A principios de los años 70 muy pocos podrían haber imaginado que Alfredo Landa se convertiría en uno de nuestros mejores y más respetados actores. Olvidados sus inicios en el teatro, donde dio buena muestra de los mimbres que tenía como actor, Landa se hizo famoso persiguiendo suecas en una serie de filmes casposos que le hicieron acreedor de un peculiar honor: el de ser el único actor del mundo, que se sepa, que ha dado nombre a un género cinematográfico, el “Landismo”. Pero el cine, como la vida, da muchas vueltas, y a veces ofrece oportunidades que sólo los tíos grandes como Alfredo alcanzan a exprimir en su totalidad. Ni que decir tiene que este hombre las tuvo, y supo aprovecharlas para encaramarse al pedestal en que, merecidamente, se encuentra hoy. Con tales precedentes, cualquier escrito sobre él tiene que resultar a priori interesante.
¿Qué hacemos con los hijos? (1967), una de las primeras incursiones cinematográficas de Landa.
Sentarse a leer este libro es como sentarse ante el sofá del abuelo Cebolleta para escuchar sus batallitas, que es seguramente lo que hizo el autor grabadora en ristre, sin apenas tratar de entablar diálogo o profundizar en la conversación. Y ése es precisamente su mayor defecto: al principio puede resultar interesante, pero es algo que casi siempre termina cansando, y aquí se nota particularmente cuando el “abuelo” deja a un lado el teatro para empezar a relatar sus andanzas en el cine y comienza a acumular fechas, nombres y detalles, siguiendo un esquema bastante reiterativo además. Ejemplo: “En 1965 hice tal y cual película, bla, bla, bla, y conocí a fulano y a mengano, que eran bla, bla, bla. En 1966 participé en bla, bla, bla, y entablé relación con zutano y mengana que bla, bla, bla”.

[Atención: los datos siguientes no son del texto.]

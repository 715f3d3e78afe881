-- ===== src/Recovery/Redo.antt =====
-- The first pass of recovery/log_recovery/log_recovery.go, with `ReadLog` of
-- storage/disk/disk_manager_impl.go. Logging is off during recovery. The log file is that of the log
-- manager of the pool.
use samehada_db.Base.{
  ℕ, zero, suc, ◌+◌, ◌-◌, List, Bool, true, false, not, ◌||◌, length, drop, leb, ltb, ◌==◌,
  if◌then◌else◌, Option, none, some, Outcome, returns, panics, ◌>>=◌, ◌>>◌, check,
}
use samehada_db.Ids.{Rid}
use samehada_db.Bytes.{copy_at, slice, make_bytes, u32}
use samehada_db.Txn.{new_transaction}
use samehada_db.Lock.{new_lock_manager, regular, prevention}
use samehada_db.Log.{
  LogFile, LogManager, LogRecord, empty_record, log_buffer_size, insert_type, apply_delete_type,
  mark_delete_type, rollback_delete_type, update_type, commit_type, new_page_type,
}
use samehada_db.Page.{Page, get_lsn, set_lsn}
use samehada_db.Value.{int_lt}
use samehada_db.Disk.{offset_ge}
use samehada_db.Buffer.{
  BufferPoolManager, fetch_page, unpin_page, new_page_in_pool, page_in, put_page,
}
use samehada_db.TablePage.{Env, insert_tuple, mark_delete, apply_delete, rollback_delete, init}
use samehada_db.TablePage.Update.{update_tuple}
use samehada_db.Recovery.{Slice, deserialize_log_record}

-- What `ReadLog` answers: false at the end of the file; the buffer, of which `count` bytes were read.
pub record LogRead : Type 0 where
  pub ok : Bool
  pub file : LogFile
  pub buffer : List ℕ
  pub count : ℕ

unfoldable pub read_log : LogFile → List ℕ → ℕ → LogRead
read_log file buffer offset =
    if offset_ge offset (length file.content)
    then record { ok = false; file = file; buffer = buffer; count = 0 }
    else (let position = if ltb offset 2147483648 then offset else file.position in
        let bytes = slice position (position + length buffer) file.content in
        record {
          ok = not (length bytes == 0);
          file = record file { position = position + length bytes };
          buffer = copy_at 0 bytes buffer;
          count = length bytes;
        })

pub record LogRecovery : Type 0 where
  pub bpm : BufferPoolManager
  pub active_txn : ℕ → Option ℕ
  pub lsn_mapping : ℕ → ℕ
  pub log_buffer : List ℕ

unfoldable pub new_log_recovery : BufferPoolManager → LogRecovery
new_log_recovery b = record {
  bpm = b;
  active_txn = λ txn_id. none;
  lsn_mapping = λ lsn. 0;
  log_buffer = make_bytes log_buffer_size;
}

-- The nil transaction, lock manager and log manager, which are not read with logging off.
abbrev pub recovery_env : LogManager → Env
recovery_env log = record {
  logging = false;
  locks = new_lock_manager regular prevention;
  log = log;
  txn = new_transaction 0;
}

-- The page that a record is about.
unfoldable pub changed_rid : LogRecord → Rid
changed_rid r =
    if r.log_record_type == insert_type
    then r.insert_rid
    else if r.log_record_type == update_type
    then r.update_rid
    else r.delete_rid

-- What a record does to its page. UpdateTuple also writes over the Old_tuple of the record, which the next
-- DeserializeLogRecord of a whole record replaces; that is left out.
unfoldable pub redo_change : Env → Page → LogRecord → Outcome Page
redo_change e p r =
    if r.log_record_type == insert_type
    then (do
      reply ← insert_tuple e p (record (r.insert_tuple) { rid = some r.insert_rid })
      returns reply.page)
    else if r.log_record_type == apply_delete_type
    then (do (_, q) ← apply_delete e p r.delete_rid; returns q)
    else if r.log_record_type == mark_delete_type
    then (do reply ← mark_delete e p r.delete_rid; returns reply.page)
    else if r.log_record_type == rollback_delete_type
    then (do (_, q) ← rollback_delete e p r.delete_rid; returns q)
    else (do
      reply ← update_tuple e p r.new_tuple none none r.old_tuple r.update_rid
      returns reply.page)

unfoldable pub redo_page : Env → Page → LogRecord → Outcome Page
redo_page e p r =
    if int_lt (get_lsn p) r.lsn
    then (do q ← redo_change e p r; returns (set_lsn q r.lsn))
    else returns p

-- The page is fetched, changed and given back; on no page the code panics.
unfoldable pub change_in_pool :
    (Page → Outcome Page) → BufferPoolManager → ℕ → Outcome BufferPoolManager
change_in_pool change b page_id = do
  (frame, b₁) ← fetch_page b page_id
  elim frame [
    | none ↦ panics
    | some f ↦ (do
      pg ← page_in b₁ f
      pg' ← change pg
      (_, b₂) ← unpin_page (put_page b₁ f pg') page_id true
      returns b₂)
  ]

unfoldable pub redo_new_page : BufferPoolManager → LogRecord → Outcome BufferPoolManager
redo_new_page b r = do
  (frame, b₁) ← new_page_in_pool b
  elim frame [
    | none ↦ panics
    | some f ↦ (do
      pg ← page_in b₁ f
      (_, pg') ← init (recovery_env b₁.log_manager) pg pg.id r.prev_page_id
      (_, b₂) ← unpin_page (put_page b₁ f pg') pg.id true
      returns b₂)
  ]

abbrev pub is_page_change : ℕ → Bool
is_page_change kind =
    kind == insert_type
    || (kind == apply_delete_type
        || (kind == mark_delete_type || (kind == rollback_delete_type || kind == update_type)))

-- One record, which stands at `position` in the file.
unfoldable pub redo_record : LogRecovery → ℕ → LogRecord → Outcome LogRecovery
redo_record st position r =
    let noted = record st {
      active_txn = λ t. if t == r.txn_id then some r.lsn else st.active_txn t;
      lsn_mapping = λ l. if l == r.lsn then position else st.lsn_mapping l;
    } in
    if is_page_change r.log_record_type
    then (do
      b ←
          change_in_pool (λ p. redo_page (recovery_env st.bpm.log_manager) p r) st.bpm
            (changed_rid r).page_id
      returns (record noted { bpm = b }))
    else if r.log_record_type == commit_type
    then returns
        (record noted { active_txn = λ t. if t == r.txn_id then none else noted.active_txn t })
    else if r.log_record_type == new_page_type
    then (do b ← redo_new_page st.bpm r; returns (record noted { bpm = b }))
    else returns noted

-- log_buffer[from:to]
unfoldable pub buffer_part : List ℕ → ℕ → ℕ → Outcome Slice
buffer_part buffer from to = do
  check (leb from to)
  returns (record { backing = drop from buffer; visible = to - from })

-- The inner loop comes to an end, with what has been read of the buffer, or its rounds are used up.
pub data RedoRecords : Type 0 where
  read_to : ℕ → LogRecovery → RedoRecords
  reads_on : ℕ → LogRecovery → RedoRecords

unfoldable pub redo_records : ℕ → LogRecovery → ℕ → ℕ → ℕ → LogRecord → Outcome RedoRecords
redo_records zero st file_offset count buffer_offset r = returns (reads_on buffer_offset st)
redo_records (suc rounds) st file_offset count buffer_offset r = do
  part ← buffer_part st.log_buffer buffer_offset count
  (complete, r') ← deserialize_log_record part r
  elim complete [
    | false ↦ returns (read_to buffer_offset st)
    | true ↦ (do
      st' ← redo_record st (u32 (file_offset + buffer_offset)) r'
      redo_records rounds st' file_offset count (u32 (buffer_offset + r'.size)) r')
  ]

-- The outer loop, with `rounds` reads of the file and `records` rounds of the inner loop for each.
pub data RedoPass : Type 0 where
  ends : LogRecovery → RedoPass
  goes_on_at : ℕ → LogRecovery → RedoPass

unfoldable pub redo_reads : ℕ → ℕ → LogRecovery → ℕ → Outcome RedoPass
redo_reads zero records st file_offset = returns (goes_on_at file_offset st)
redo_reads (suc rounds) records st file_offset =
    let answer = read_log st.bpm.log_manager.disk st.log_buffer file_offset in
    let st₁ = record st {
      bpm = record (st.bpm) { log_manager = record (st.bpm.log_manager) { disk = answer.file } };
      log_buffer = answer.buffer;
    } in
    elim answer.ok [
      | false ↦ returns (ends st₁)
      | true ↦ (do
        inner ← redo_records records st₁ file_offset answer.count 0 empty_record
        elim inner [
          | reads_on at st₂ ↦ returns (goes_on_at (u32 (file_offset + at)) st₂)
          | read_to at st₂ ↦ redo_reads rounds records st₂ (u32 (file_offset + at))
        ])
    ]

unfoldable pub redo : ℕ → ℕ → LogRecovery → Outcome RedoPass
redo rounds records st =
    redo_reads rounds records (record st { log_buffer = make_bytes log_buffer_size }) 0
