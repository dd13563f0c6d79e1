-- ===== src/FrameRestruct/Rounds.antt =====
-- One round of the loop of `RestructFrame` against the frame format.
use cmdtran.Common.{
  ℕ, ◌+◌, ◌-◌, ◌≤◌, ◌<◌, true, false, inl, inr, List, [], ◌∷◌, Option, none, some, ◌≡◌, refl, ap,
  sym, ◌∙◌, arith, length, get_or, take, drop, ltb, if◌then◌else◌, length-take, drop-drop,
  Bool-cases, Option-cases, ltb→lt, ltb→ge,
}
use cmdtran.FrameRestruct.{
  FrameRestruct, frame_head, frame_len_min, frame_len_max, get_frame_len, check_sum, exceeds,
  copy_rest_to_exit_buff, save_frame, save_to, get_buffer, add_to_list, Round, stop, again,
  at_frame, at_head,
}
use cmdtran.FrameRestruct.Interface.{DataProc}
use cmdtran.FrameRestruct.Deliver.{contents, place, hand_over, deliver}
use cmdtran.FrameRestruct.Decode.{
  noise, partial, frame, classify, decode, decode-noise, decode-partial, decode-frame,
  classify-partial, classify-frame,
}
use cmdtran.FrameRestruct.Bytes.{stream, length-from, len_bytes_lem, check_sum_lem}
use cmdtran.FrameRestruct.Buffer.{fill_lem, Copied, copy_rest_lem}

module _ (r : FrameRestruct) (recv : List ℕ) (recv_len : ℕ)
    (kept : r.exit_len ≤ length r.exit_buffer) (given : recv_len ≤ length recv) (cur : ℕ) where
  abbrev pub total : ℕ
  total = r.exit_len + recv_len

  abbrev pub from : List ℕ
  from = drop cur (stream r recv recv_len)

  abbrev size_lem : length from ≡ total - cur
  size_lem = length-from r recv recv_len kept given cur

  module _ (head : get_or from 0 0 ≡ frame_head) where
    verdict_short : total < cur + frame_len_min → classify from ≡ partial
    unfolding classify
    verdict_short h = ground (arith, size_lem)

    verdict_long :
        cur + frame_len_min ≤ total
        → exceeds (get_frame_len r recv cur) cur total ≡ true
        → classify from ≡ partial
    unfolding classify get_frame_len exceeds
    verdict_long h e = ground (arith, size_lem, len_bytes_lem r recv recv_len kept given cur)

    verdict_bad_len :
        cur + frame_len_min ≤ total → get_frame_len r recv cur ≡ none → classify from ≡ noise
    unfolding classify get_frame_len
    verdict_bad_len h e = ground (arith, size_lem, len_bytes_lem r recv recv_len kept given cur)

    module _ (n : ℕ) where
      verdict_bad_end :
          cur + n ≤ total
          → cur + frame_len_min ≤ total
          → get_frame_len r recv cur ≡ some n
          → check_sum r recv cur n ≡ false
          → classify from ≡ noise
      unfolding classify get_frame_len
      verdict_bad_end h k e c = ground (
        arith,
        size_lem,
        len_bytes_lem r recv recv_len kept given cur,
        check_sum_lem r recv recv_len kept given cur n,
      )

      verdict_frame :
          cur + n ≤ total
          → cur + frame_len_min ≤ total
          → get_frame_len r recv cur ≡ some n
          → check_sum r recv cur n ≡ true
          → classify from ≡ frame n
      unfolding classify get_frame_len
      verdict_frame h k e c = ground (
        arith,
        size_lem,
        len_bytes_lem r recv recv_len kept given cur,
        check_sum_lem r recv recv_len kept given cur n,
      )

  length-take-from : (len : ℕ) → cur + len ≤ total → length (take len from) ≡ len
  length-take-from len h = omega (arith, length-take len from, size_lem)

  -- `SaveFrame` hands over the frame at the front of the stream.
  module _ (proc : DataProc) (sock len : ℕ) (some_byte : 0 < len) (whole : cur + len ≤ total) where
    save_to_lem :
        (got : Option ℕ × proc.State)
        → r.recv_data_proc ≡ true
        → save_to proc r sock recv cur len got ≡ place proc sock (take len from) got
    unfolding save_to place
    save_to_lem (none, s) e = refl
    save_to_lem (some p, s) e = rw (
      add_to_list,
      e,
      fill_lem r recv recv_len cur kept given proc len p s some_byte whole,
      length-take-from len whole,
    )

    save_frame_lem :
        (s : proc.State)
        → save_frame proc r sock recv cur len s
          ≡ hand_over proc r.recv_data_proc sock (take len from) s
    unfolding save_frame hand_over
    save_frame_lem s = elim (Bool-cases r.recv_data_proc) [
      | inl e ↦ simp (e, get_buffer) (save_to_lem (proc.get_buff s) e)
      | inr e ↦ simp (e, get_buffer)
    ]

  -- What a round of the loop may do, seen on the stream.
  abbrev pub Explains : (proc : DataProc) → ℕ → ℕ → proc.State → Round proc.State → Type 0
  Explains proc sock count s (stop r') =
      ((decode 0 from).0 ≡ [])
      × ((decode 0 from).1 ≡ contents r')
      × (length r'.exit_buffer ≡ length r.exit_buffer)
      × (r'.exit_len < frame_len_max)
      × (r'.recv_data_proc ≡ r.recv_data_proc)
  Explains proc sock count s (again cur' count' s') =
      (cur < cur')
      × (cur' ≤ total)
      × ((decode 0 from).1 ≡ (decode 0 (drop cur' (stream r recv recv_len))).1)
      × (deliver proc r.recv_data_proc sock (decode 0 from).0 count s
          ≡ deliver proc r.recv_data_proc sock (decode 0 (drop cur' (stream r recv recv_len))).0
              count' s')

  module _ (proc : DataProc) (sock count : ℕ) (s : proc.State) where
    skip_noise :
        cur < total → classify from ≡ noise → Explains proc sock count s (again (cur + 1) count s)
    skip_noise h e =
        let d : decode 0 from ≡ decode 0 (drop (cur + 1) (stream r recv recv_len)) =
          decode-noise from (omega (arith, size_lem)) e
          ∙ ap (decode 0) (drop-drop cur 1 (cur + 1) (stream r recv recv_len) refl) in
        (omega arith, omega arith, rw d, rw d)

    keep_partial :
        cur < total
        → classify from ≡ partial
        → total - cur ≤ length r.exit_buffer
        → Explains proc sock count s (stop (copy_rest_to_exit_buff r recv recv_len cur))
    keep_partial h e k =
        let c : Copied r recv recv_len cur kept given (copy_rest_to_exit_buff r recv recv_len cur) =
          copy_rest_lem r recv recv_len cur kept given (omega arith) k in
        let d : decode 0 from ≡ ([], from) = decode-partial from (omega (arith, size_lem)) e in
        (
          rw d,
          rw d (sym c.contents),
          c.size,
          omega (arith, c.len, (classify-partial from e).0, size_lem),
          c.proc,
        )

    take_frame :
        (n : ℕ)
        → classify from ≡ frame n
        → let (saved, s') = save_frame proc r sock recv cur n s in
          Explains proc sock count s (again (cur + n) (if saved then count + 1 else count) s')
    unfolding deliver
    take_frame n e =
        let f : (frame_len_min ≤ n) × (n ≤ length from) =
          ((classify-frame from n e).1, (classify-frame from n e).3) in
        let d : decode 0 from ≡ (
          take n from ∷ (decode 0 (drop (cur + n) (stream r recv recv_len))).0,
          (decode 0 (drop (cur + n) (stream r recv recv_len))).1,
        ) =
          rw (← drop-drop cur n (cur + n) (stream r recv recv_len) refl) (decode-frame from n e) in
        (
          omega arith,
          omega (arith, size_lem),
          rw d,
          rw (d, save_frame_lem proc sock n (omega arith) (omega (arith, size_lem)) s),
        )

  module _ (proc : DataProc) (sock count : ℕ) (s : proc.State)
      (room : frame_len_max ≤ length r.exit_buffer) where
    at_frame_lem :
        (n : ℕ)
        → get_or from 0 0 ≡ frame_head
        → cur + n ≤ total
        → cur + frame_len_min ≤ total
        → get_frame_len r recv cur ≡ some n
        → Explains proc sock count s (at_frame proc r sock recv cur n count s)
    unfolding at_frame
    at_frame_lem n head h k e = elim (Bool-cases (check_sum r recv cur n)) [
      | inl good ↦
          rw (good, at_frame) (take_frame proc sock count s n (verdict_frame head n h k e good))
      | inr bad ↦
          rw (bad, at_frame)
            (skip_noise proc sock count s (omega arith) (verdict_bad_end head n h k e bad))
    ]

    keep :
        cur < total
        → classify from ≡ partial
        → Explains proc sock count s (stop (copy_rest_to_exit_buff r recv recv_len cur))
    keep h e =
        keep_partial proc sock count s h e (omega (arith, (classify-partial from e).0, size_lem))

    whole_frame :
        (n : ℕ)
        → exceeds (get_frame_len r recv cur) cur total ≡ false
        → get_frame_len r recv cur ≡ some n
        → cur + n ≤ total
    unfolding exceeds
    whole_frame n x g = ground arith

    -- From a head byte on.
    pub at_head_lem :
        cur < total
        → get_or from 0 0 ≡ frame_head
        → Explains proc sock count s (at_head proc r sock recv recv_len cur count s)
    unfolding at_head
    at_head_lem h head = elim (Bool-cases (ltb total (cur + frame_len_min))) [
      | inl e ↦ rw (e, at_head) (keep h (verdict_short head (ltb→lt total (cur + 5) e)))
      | inr e ↦
          let long : cur + frame_len_min ≤ total = ltb→ge total (cur + 5) e in
          elim (Bool-cases (exceeds (get_frame_len r recv cur) cur total)) [
            | inl x ↦ rw (e, x, at_head) (keep h (verdict_long head long x))
            | inr x ↦ elim (Option-cases (get_frame_len r recv cur)) [
              | inl g ↦
                  rw (e, x, g, at_head)
                    (skip_noise proc sock count s h (verdict_bad_len head long g))
              | inr (n, g) ↦ rw (e, x, g, at_head) (at_frame_lem n head (whole_frame n x g) long g)
            ]
          ]
    ]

Así todo el rato. Demasiado simple, este estilo de narración en línea cronológica tal vez pueda sostenerse durante un tiempo, pero acaba por aburrir. Sobre todo en la parte final, ya metidos en harina con los años 90, cuando la carrera de Landa comenzó a alternar infames teleseries para consumo de zotes mononeuronales (Lleno por favor) con insulsas naderías cinematográficas (léasé todo lo que rodó junto a Garci por aquel entonces). Y es una pena, porque estoy convencido de que con un enfoque distinto el libro podría haber dado más de sí, más aún tratándose de una biografía sobre un personaje como Alfredo Landa, que desde la primera página demuestra tener una memoria casi fotográfica y un verbo fluido e inteligente a la par que gracioso cuando es necesario.
El libro apenas escarba superficialmente en pasajes que podrían dar pie a momentos muy interesantes, mientras alarga en exceso hechos como el de la polémica por el enfrentamiento con Garci o el famoso “traspiés mental” a cuenta del Goya de honor de 2008. Unos hechos exprimidos sin duda para avivar las ventas, pero que parecen más propios de programas de telebasura y que en un libro supuestamente serio como este tienen, a mi juicio, tanto interés como una excursión turística por el Metrosur de Madrid.
El puente, de Juan Antonio Bardem (1977), considerada por el actor como su primera demostración al gran público de que podía ser algo más que «Landismo».
Evidentemente, Alfredo el Grande está pensado y montado con la idea clara de convertirse en best seller, con todo lo malo que eso implica. Se deja sentir en esa estructura tan simple, que no se complica apenas la vida, y en los tintes propios de prensa rosa. Todo ideado sin duda para “cazar” masivamente a lectores no demasiado exigentes. Y sin embargo yo no diría que el libro sea malo. Es cierto que va de más a menos: empieza muy bien y se va diluyendo hasta el tercio final, que sobra en su mayor parte y se podría haber resumido mucho. Muchísimo.
Si tuviera que recomendarlo lo haría por la primera mitad, un buen relato sobre cómo funcionaban los mundos del teatro y el cine en tiempos del Madrid Ye-Ye y los ministros del Opus, auténticos nidos de serpientes en los que el cotarro era controlado por una ralea de empresarios-cacique cuyos modos convertirían al señorito Iván de Los santos inocentes en un tipo simpatiquísimo y encantador. Eran otros tiempos, desde luego, pero en cierto modo mejores, aunque parezca increíble. Y no se trata de nostalgia gratuita: al menos, en aquella época había gente con talento dispuesta a todo para sacar adelante sus ideas.
(Este artículo fue publicado incialmente por Leo Rojo en COMPUTER-AGE.NET el domingo 18 de enero de 2009 y se reedita con el permiso de su webmaster. Sirve igualmente como homenaje a Alfredo Landa, fallecido en mayo de 2013 a los 80 años).